Бесшумный, чистый, стерильный какой-то автомобиль показался К-ову и длиннее, и шире обычной «Волги», таксистской, например. Нехорошо, неуютно чувствовал себя здесь, хотя и сидел вольно, и болтал раскованно. Но как-то очень уж ощущал эту свою раскованность. Очень уж помнил – и даже вроде бы подчеркивал, – что они старые, со студенческих лет, приятели. Ехали недолго, минут пятнадцать или двадцать, но он устал – от внутреннего устал напряжения – и, выйдя на квартал раньше, поклялся, что больше Шнуркач не заманит его в свой лимузин. Да и сейчас-то не собирался садиться. Однако ж сел! Необъяснимую, мистическую какую-то власть имел над ним выходец из подмосковной деревни Подушкино…
С незапамятных пор держали в Подушкино кур, растили картошку и малину, ходили к колодцу за водой и вдруг в один прекрасный день обнаружили себя москвичами. Гриша тогда учился в школе. Московской – своей не было.
В следующий миг опытный Гриша дышал уже не носом, а ртом. И враз посвежел ветер, и не был больше посланцем отбросов – дитем воли стал, лугов и темнеющего вдали леса. Весело трепал темные Гришины волосы, длинные, как ни у кого в классе. «Постричь!» – писали в дневнике учителя, но читать эти грозные приказы было некому. Об отце своем Григорий Глебович понятия не имел – то ли был отец, то ли не был, а мать, редко в какие минуты трезвая, не подозревала, что существуют на свете какие-то дневники.
К-ов впервые увидел ее на Гришиной свадьбе. В дальнем углу сидела, напряженная и смирная, как провинившийся ребенок, и такая же, как ребенок, маленькая, – сын в нее пошел. Если кто обращался к ней, торопливо и угодливо отвечала, смеялась беззубым ртом, а когда приближалась бутылка, испуганно вскидывала руки. Не пью… Сын вроде бы не обращал на мамашу внимания, но стоило той, будто по рассеянности, взять бокал с шампанским, ужалил быстрым взглядом.

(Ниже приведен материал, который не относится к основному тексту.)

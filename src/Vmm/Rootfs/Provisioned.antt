-- ===== src/Vmm/Rootfs/Provisioned.antt =====
-- What a run of `ensure_golden_rootfs` has written when it ends.
use aegis_honeypot.Prelude.{
  ℕ, zero, suc, ◌<◌, ◌≡◌, ◌⊎◌, inl, inr, refl, ap, ◌∙◌, Bool, true, false, List, [], ◌∷◌, Option,
  none, some, arith, if_ind, length, take, subst,
}
use aegis_honeypot.Prelude.Text.{Text, PathBuf}
use aegis_honeypot.Vmm.{
  HostCall, created, removed, mounted, mount_failed, unmounted, umount_failed, write_failed, wrote,
  set_mode, killed, Run, Host,
}
use aegis_honeypot.Vmm.Rootfs.Contents.{File, dirs}
use aegis_honeypot.Vmm.Rootfs.{
  join_path, golden_files, open_tmp, open_mode, create, create_dirs, and_then, write_after,
  write_file, write_files, ensure_golden_rootfs, parent_of,
}

-- The files that were written whole, newest first.
abbrev pub writes : List HostCall → List (PathBuf × Text)
writes [] = []
writes (wrote p s ∷ t) = (p, s) ∷ writes t
writes (created p ∷ t) = writes t
writes (removed p ∷ t) = writes t
writes (mounted p ∷ t) = writes t
writes (mount_failed p ∷ t) = writes t
writes (unmounted p ∷ t) = writes t
writes (umount_failed p ∷ t) = writes t
writes (write_failed p ∷ t) = writes t
writes (set_mode p m ∷ t) = writes t
writes (killed pid ∷ t) = writes t

-- The same, with some files of a list behind them.
abbrev pub with_files : PathBuf → List File → List (PathBuf × Text) → List (PathBuf × Text)
with_files base [] acc = acc
with_files base (f ∷ fs) acc = with_files base fs ((join_path base f.path, f.content) ∷ acc)

-- All files were written, or the run ended with an error before the last of them.
abbrev pub IsWritten :
    PathBuf → List File → List (PathBuf × Text) → Run (Option (Unit {0})) → Type 0
IsWritten base fs ws r =
    ((r.0 ≡ some tt) × (writes r.1 ≡ with_files base fs ws))
    ⊎ ((r.0 ≡ none) × ((k : ℕ) × (k < length fs) × (writes r.1 ≡ with_files base (take k fs) ws)))

-- One file.
abbrev IsOne : PathBuf → Text → List HostCall → Run (Option (Unit {0})) → Type 0
IsOne p content t (none, u) = writes u ≡ writes t
IsOne p content t (some x, u) = writes u ≡ (p, content) ∷ writes t

module _ (host : Host) where
  writes-open_mode :
      (there : Bool) (p : PathBuf) (t : List HostCall) → writes (open_mode there p t) ≡ writes t
  writes-open_mode true p t = refl
  writes-open_mode false p t = refl

  abbrev IsPlain : List HostCall → Run (Option (Unit {0})) → Type 0
  IsPlain t r = writes r.1 ≡ writes t

  create-IsPlain : (o : Option PathBuf) (t : List HostCall) → IsPlain t (create host o t)
  create-IsPlain none t = refl
  create-IsPlain (some p) t = if_ind (IsPlain t) (host.can_create t p) (λ _. refl) (λ _. refl)

  write_after-IsOne :
      (p : PathBuf) (content : Text) (mode : ℕ) (t : List HostCall) (r : Run (Option (Unit {0})))
      → IsPlain t r
      → IsOne p content t (write_after host p content mode r)
  write_after-IsOne p content mode t (none, u) h = h
  write_after-IsOne p content mode t (some x, u) h =
      let v : List HostCall = open_mode (host.exists u p) p u in
      let same : writes v ≡ writes t = writes-open_mode (host.exists u p) p u ∙ h in
      if_ind (IsOne p content t) (host.can_write v p) (λ _. ap (◌∷◌ (p, content)) same) (λ _. same)

  write_file-IsOne :
      (p : PathBuf) (content : Text) (mode : ℕ) (t : List HostCall)
      → IsOne p content t (write_file host p content mode t)
  unfolding write_file
  write_file-IsOne p content mode t =
      write_after-IsOne p content mode t (create host (parent_of p) t)
        (create-IsPlain (parent_of p) t)

  write_next-IsWritten :
      (base : PathBuf) (f : File) (fs : List File) (t : List HostCall) (r : Run (Option (Unit {0})))
      → IsOne (join_path base f.path) f.content t r
      → ((u : List HostCall) → IsWritten base fs (writes u) (write_files host base fs u))
      → IsWritten base (f ∷ fs) (writes t) (and_then r (write_files host base fs))
  write_next-IsWritten base f fs t (none, u) h next = inr (refl, (zero, omega arith, h))
  write_next-IsWritten base f fs t (some x, u) h next = elim (next u) [
    | inl done ↦ inl (done.0, done.1 ∙ ap (with_files base fs) h)
    | inr (failed, (k, less, e)) ↦
        inr (failed, (suc k, omega arith, e ∙ ap (with_files base (take k fs)) h))
  ]

  write_files-IsWritten :
      (base : PathBuf) (fs : List File) (t : List HostCall)
      → IsWritten base fs (writes t) (write_files host base fs t)
  unfolding write_files
  write_files-IsWritten base [] t = inl (refl, refl)
  write_files-IsWritten base (f ∷ fs) t =
      write_next-IsWritten base f fs t (write_file host (join_path base f.path) f.content f.mode t)
        (write_file-IsOne (join_path base f.path) f.content f.mode t)
        (write_files-IsWritten base fs)

  next_dir :
      (t : List HostCall) (r : Run (Option (Unit {0})))
      (f : List HostCall → Run (Option (Unit {0})))
      → IsPlain t r
      → ((u : List HostCall) → IsPlain u (f u))
      → IsPlain t (and_then r f)
  next_dir t (none, u) f h k = h
  next_dir t (some x, u) f h k = k u ∙ h

  create_dirs-IsPlain :
      (base : PathBuf) (ds : List Text) (t : List HostCall) → IsPlain t (create_dirs host base ds t)
  create_dirs-IsPlain base [] t = refl
  create_dirs-IsPlain base (d ∷ ds) t =
      next_dir t (create host (some (join_path base d)) t) (create_dirs host base ds)
        (create-IsPlain (some (join_path base d)) t) (create_dirs-IsPlain base ds)

  after_dirs :
      (base : PathBuf) (t : List HostCall) (r : Run (Option (Unit {0})))
      → IsPlain t r
      → IsWritten base golden_files
          (writes t)
          (and_then r (λ u. write_files host base golden_files (open_tmp base u)))
  after_dirs base t (none, u) h = inr (refl, (zero, omega arith, h))
  after_dirs base t (some x, u) h =
      subst
        (λ ws.
          IsWritten base golden_files ws (write_files host base golden_files (open_tmp base u)))
        h (write_files-IsWritten base golden_files (open_tmp base u))

-- A run of `ensure_golden_rootfs` that succeeds has written every golden file in its order, each
-- with its content; one that fails has written the files before the one at which it failed, and no
-- other as a whole, whatever the host answers.
pub ensure_golden_rootfs-IsWritten :
    (host : Host) (base : PathBuf) (t : List HostCall)
    → IsWritten base golden_files (writes t) (ensure_golden_rootfs host base t)
unfolding ensure_golden_rootfs
ensure_golden_rootfs-IsWritten host base t =
    after_dirs host base t (create_dirs host base dirs t) (create_dirs-IsPlain host base dirs t)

Вздрогнув, поставила бокал на место. Захихикала, закивала, схватила стакан с минералкой. «Вы позволите?» – спросил Боря Тинишин, держа наготове тарелку с рыбой. Ни за одной женщиной не ухаживал, отмалчивался, бирюк бирюком, а тут, как бы назло Шнуркачу, был предупредителен и галантен. Старуха суетливо благодарила.
Рядом дочь сидела, шестнадцатилетняя коротышка, почти карлица, с кукольным личиком, безукоризненно правильным и неживым; сидела неподвижно и прямо – усвоила, гордячка, выправку братца – и хоть бы словом перебросилась за весь вечер с матерью! Та: а салатика? а колбаски? – но детдомовская девочка (четыре года на казенных харчах жила) ни звука в ответ.

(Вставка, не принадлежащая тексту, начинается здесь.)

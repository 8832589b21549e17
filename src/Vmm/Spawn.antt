-- ===== src/Vmm/Spawn.antt =====
-- crates/aegis-vmm/src/lib.rs: `spawn_sandbox`.
use aegis_honeypot.Prelude.{
  ◌≡◌, ◌⊎◌, inl, inr, refl, false, List, [], ◌∷◌, ◌++◌, Option, none, some, arith, if_ind,
}
use aegis_honeypot.Prelude.Text.{Text, PathBuf, codes}
use aegis_honeypot.Vmm.{
  HostCall, created, mounted, mount_failed, Run, Host, OverlayMount, SandboxHandle, join, root_of,
  setup, create_all, mount_if, unmounted_overlay,
}
use aegis_honeypot.Vmm.Rootfs.{ensure_golden_rootfs}

abbrev handle_of : Text → PathBuf → Run (Option OverlayMount) → Run (Option SandboxHandle)
handle_of session_id lower_dir (o, t) = (
  some (record {
    session_id = session_id;
    overlay = o;
    root_dir = root_of lower_dir o;
    child_pid = none;
  }),
  t,
)

module _ (host : Host) where
  abbrev spawn_after :
      Text → PathBuf → PathBuf → Run (Option (Unit {0})) → Run (Option SandboxHandle)
  spawn_after session_id lower_dir overlay_base (none, t) = (none, t)
  spawn_after session_id lower_dir overlay_base (some u, t) =
      handle_of session_id lower_dir (setup host session_id overlay_base t)

  unfoldable pub spawn_sandbox :
      Text → PathBuf → PathBuf → List HostCall → Run (Option SandboxHandle)
  unfolding setup ensure_golden_rootfs
  spawn_sandbox session_id lower_dir overlay_base t =
      spawn_after session_id lower_dir overlay_base (ensure_golden_rootfs host lower_dir t)

-- The host refused one of some directories.
abbrev pub Refused : Host → List HostCall → List PathBuf → Type 0
Refused host t [] = ⊥
Refused host t (p ∷ ps) = (host.can_create t p ≡ false) ⊎ Refused host t ps

-- The last call of the host.
abbrev pub IsLast : HostCall → List HostCall → Type 0
IsLast call t = (before : List HostCall) × (t ≡ call ∷ before)

-- The root of a session with an overlay, by its last call: the mount was made, or it failed.
abbrev pub IsOverlaid : PathBuf → PathBuf → List HostCall → Type 0
IsOverlaid d root t =
    ((root ≡ join d (codes "mount")) × IsLast (mounted (join d (codes "mount"))) t)
    ⊎ ((root ≡ join d (codes "upper")) × IsLast (mount_failed (join d (codes "mount"))) t)

-- The path of a session's files, of a handle, with the directory `d` of the session.
abbrev pub IsRooted : Host → PathBuf → PathBuf → Run (Option SandboxHandle) → Type 0
IsRooted host lower_dir d (none, t) = Unit
IsRooted host lower_dir d (some h, t) =
    ((h.root_dir ≡ lower_dir)
      × Refused host t
          (d ∷ join d (codes "upper") ∷ join d (codes "work") ∷ join d (codes "mount") ∷ []))
    ⊎ IsOverlaid d h.root_dir t

create_all-Refused :
    (host : Host) (ps : List PathBuf) (t : List HostCall)
    → ((create_all host ps t).0 ≡ none)
    → Refused host (create_all host ps t).1 ps
create_all-Refused host [] t = λ e. ground (arith, e)
create_all-Refused host (p ∷ ps) t =
    if_ind (λ (r : Run (Option (Unit {0}))). r.0 ≡ none → Refused host r.1 (p ∷ ps))
      (host.can_create t p) (λ _. λ e. inr (create_all-Refused host ps (created p ∷ t) e))
      (λ off. λ e. inl off)

handle_of-IsRooted :
    (host : Host) (session_id : Text) (lower_dir d : PathBuf) (u : Option (Unit {0}))
    (t : List HostCall)
    → (u ≡ none
        → Refused host t
            (d ∷ join d (codes "upper") ∷ join d (codes "work") ∷ join d (codes "mount") ∷ []))
    → IsRooted host lower_dir d
        (handle_of session_id lower_dir (mount_if host u (unmounted_overlay session_id d) t))
handle_of-IsRooted host session_id lower_dir d none t h = inl (refl, h refl)
handle_of-IsRooted host session_id lower_dir d (some x) t h =
    if_ind
      (λ (r : Run (Option OverlayMount)).
        IsRooted host lower_dir d (handle_of session_id lower_dir r))
      (host.can_mount t (join d (codes "mount"))) (λ _. inr (inl (refl, (t, refl))))
      (λ _. inr (inr (refl, (t, refl))))

spawn_after-IsRooted :
    (host : Host) (session_id : Text) (lower_dir overlay_base : PathBuf)
    (r : Run (Option (Unit {0})))
    → IsRooted host lower_dir
        (join overlay_base (codes "session_" ++ session_id))
        (spawn_after host session_id lower_dir overlay_base r)
unfolding setup
spawn_after-IsRooted host session_id lower_dir overlay_base (none, t) = tt
spawn_after-IsRooted host session_id lower_dir overlay_base (some u, t) =
    let d : PathBuf = join overlay_base (codes "session_" ++ session_id) in
    let ps : List PathBuf =
      d ∷ join d (codes "upper") ∷ join d (codes "work") ∷ join d (codes "mount") ∷ [] in
    let made : Run (Option (Unit {0})) = create_all host ps t in
    handle_of-IsRooted host session_id lower_dir d made.0 made.1 (create_all-Refused host ps t)

-- A sandbox that starts lives in the mount of its session directory when the mount of it was made,
-- and in its upper directory when the mount failed. It lives in the golden root itself, which all
-- sessions share, only when the host refused one of the four directories of the session.
pub spawn_sandbox-IsRooted :
    (host : Host) (session_id : Text) (lower_dir overlay_base : PathBuf) (t : List HostCall)
    → IsRooted host lower_dir
        (join overlay_base (codes "session_" ++ session_id))
        (spawn_sandbox host session_id lower_dir overlay_base t)
unfolding spawn_sandbox
spawn_sandbox-IsRooted host session_id lower_dir overlay_base t =
    spawn_after-IsRooted host session_id lower_dir overlay_base
      (ensure_golden_rootfs host lower_dir t)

Четыре года… Обзаведясь паспортом, брат тут же на работу устроился – то ли курьером, то ли нянечкой в больницу – и сразу забрал сестренку. А мать предупредил: «Напьешься – выпорю!» И отстегал-таки раз, предварительно выпроводив малышку, но она залезла на яблоню и видела в окно, как взлетает ремень в руке брата.

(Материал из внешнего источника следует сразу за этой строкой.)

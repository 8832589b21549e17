-- ===== src/Vmm/Tests.antt =====
-- Sandboxes on small hosts.
use aegis_honeypot.Prelude.{
  ◌≡◌, refl, true, false, not, [], ◌∷◌, ◌++◌, some, length, All, list_beq, drop_last, ◌&&◌,
}
use aegis_honeypot.Prelude.Text.{Text, PathBuf, codes, starts_with, split, last_or}
use aegis_honeypot.Vmm.{umount_failed, removed, Host, join, setup, teardown, drop, teardown_handle}
use aegis_honeypot.Vmm.Rootfs.{golden_files, write_file, write_files, ensure_golden_rootfs}
use aegis_honeypot.Vmm.Rootfs.Provisioned.{IsWritten, ensure_golden_rootfs-IsWritten}
use aegis_honeypot.Vmm.Spawn.{spawn_sandbox, IsRooted, spawn_sandbox-IsRooted}
use aegis_honeypot.Vmm.Lifecycle.{mounts, umounts, removed_paths, IsWork, life, life-IsBalanced}
use aegis_honeypot.Vmm.Orphans.{session_of, reclaim_entries, reclaim_orphaned_sessions}
use aegis_honeypot.Vmm.Orphans.Settled.{IsReclaimed}
use aegis_honeypot.Vmm.Orphans.Reclaimed.{listed, reclaim_orphaned_sessions-IsReclaimed}

program : Unit {0}
unfolding starts_with split list_beq setup teardown drop teardown_handle write_file write_files
    ensure_golden_rootfs spawn_sandbox life session_of reclaim_entries reclaim_orphaned_sessions
program = tt

abbrev base : PathBuf
base = codes "overlay" ∷ []

abbrev first_of : PathBuf → Text
first_of [] = []
first_of (c ∷ cs) = c

-- A host on which everything can be made and nothing unmounted. It holds two sessions, one of them
-- without an upper directory, and a file.
abbrev host : Host
host = record {
  can_create = λ t p. true;
  can_mount = λ t p. true;
  can_umount = λ t p. false;
  can_write = λ t p. true;
  is_dir = λ t p.
      list_beq (last_or p []) (codes "upper")
      && not (starts_with (last_or (drop_last p) []) (codes "session_b"));
  exists = λ t p. false;
  list_dir = λ t p.
      some
        ((codes "session_a", true) ∷ (codes "session_b", true) ∷ (codes "session_c", false) ∷ []);
}

life-IsBalanced_example :
    (mounts (life host (codes "a") base 2) ≡ umounts (life host (codes "a") base 2))
    × All
        (IsWork (join base (codes "session_" ++ codes "a")))
        (removed_paths (life host (codes "a") base 2))
life-IsBalanced_example = life-IsBalanced host (codes "a") base 2

one_mount : length (mounts (life host (codes "a") base 2)) ≡ 1
unfolding program
one_mount = refl

-- The unmount fails, and the directory below it is removed all the same.
removed_below_mount :
    (teardown host
      (record {
        session_id = codes "a";
        session_dir = base;
        mount_point = join base (codes "mount");
        upper_dir = join base (codes "upper");
        work_dir = join base (codes "work");
        is_mounted = true;
      })
      []).1
    ≡ removed (join base (codes "work"))
      ∷ removed (join base (codes "mount"))
      ∷ umount_failed (join base (codes "mount"))
      ∷ []
unfolding program
removed_below_mount = refl

reclaim_orphaned_sessions-IsReclaimed_example :
    IsReclaimed host base
      (listed (host.list_dir [] base))
      []
      (reclaim_orphaned_sessions host base [])
reclaim_orphaned_sessions-IsReclaimed_example =
    reclaim_orphaned_sessions-IsReclaimed host base [] tt

one_orphan :
    (reclaim_orphaned_sessions host base []).0
    ≡ (codes "a", join (join base (codes "session_a")) (codes "upper")) ∷ []
unfolding program
one_orphan = refl

ensure_golden_rootfs-IsWritten_example :
    IsWritten base golden_files [] (ensure_golden_rootfs host base [])
ensure_golden_rootfs-IsWritten_example = ensure_golden_rootfs-IsWritten host base []

-- No directory can be made below `/overlay`.
abbrev full : Host
full = record host { can_create = λ t p. not (list_beq (first_of p) (codes "overlay")) }

spawn_sandbox-IsRooted_example :
    IsRooted full
      (codes "rootfs" ∷ [])
      (join base (codes "session_" ++ codes "a"))
      (spawn_sandbox full (codes "a") (codes "rootfs" ∷ []) base [])
spawn_sandbox-IsRooted_example =
    spawn_sandbox-IsRooted full (codes "a") (codes "rootfs" ∷ []) base []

Яблоня эта сохранилась. Шнуркач отыскал ее, приехав на место бывшей деревни, название которой красовалось теперь на автобусной остановке. Не специально приехал – просто оказались поблизости, уже под конец рабочего дня, и он без особого волнения бросил водителю: «Подбрось-ка в Подушкино!»
Вокруг устремлялись в небо многоэтажные коробки, уже пооблезшие, с замазанными белыми щелями, деревья, когда-то воткнутые в землю тоненькими саженцами, доставали до второго и третьего этажа (на его глазах втыкали; стройка кипела вовсю, а домишко их все держался) – начисто, казалось, стерли с лица земли деревню Подушкино, лишь остановочный знак, будто знак кладбищенский, извещал, что некогда существовала такая, но побродив, но поосмотревшись, Григорий Глебович обнаружил у трансформаторной будки одичавшую малину – ее-то уж новоселы не сажали здесь, обнаружил израненный ствол полузасохшей сливы, а обойдя бойлерную, увидел и узнал свою яблоню.
Задрав голову, медленно обвел взглядом старое дерево. Среди трепещущих листьев желтел небольшой плод. Уцелел-таки! Спрятался – будто специально для хозяина… «Не тот ли это Шнуркач?» – «Тот. Из Подушкино. Была, помните, такая деревня?»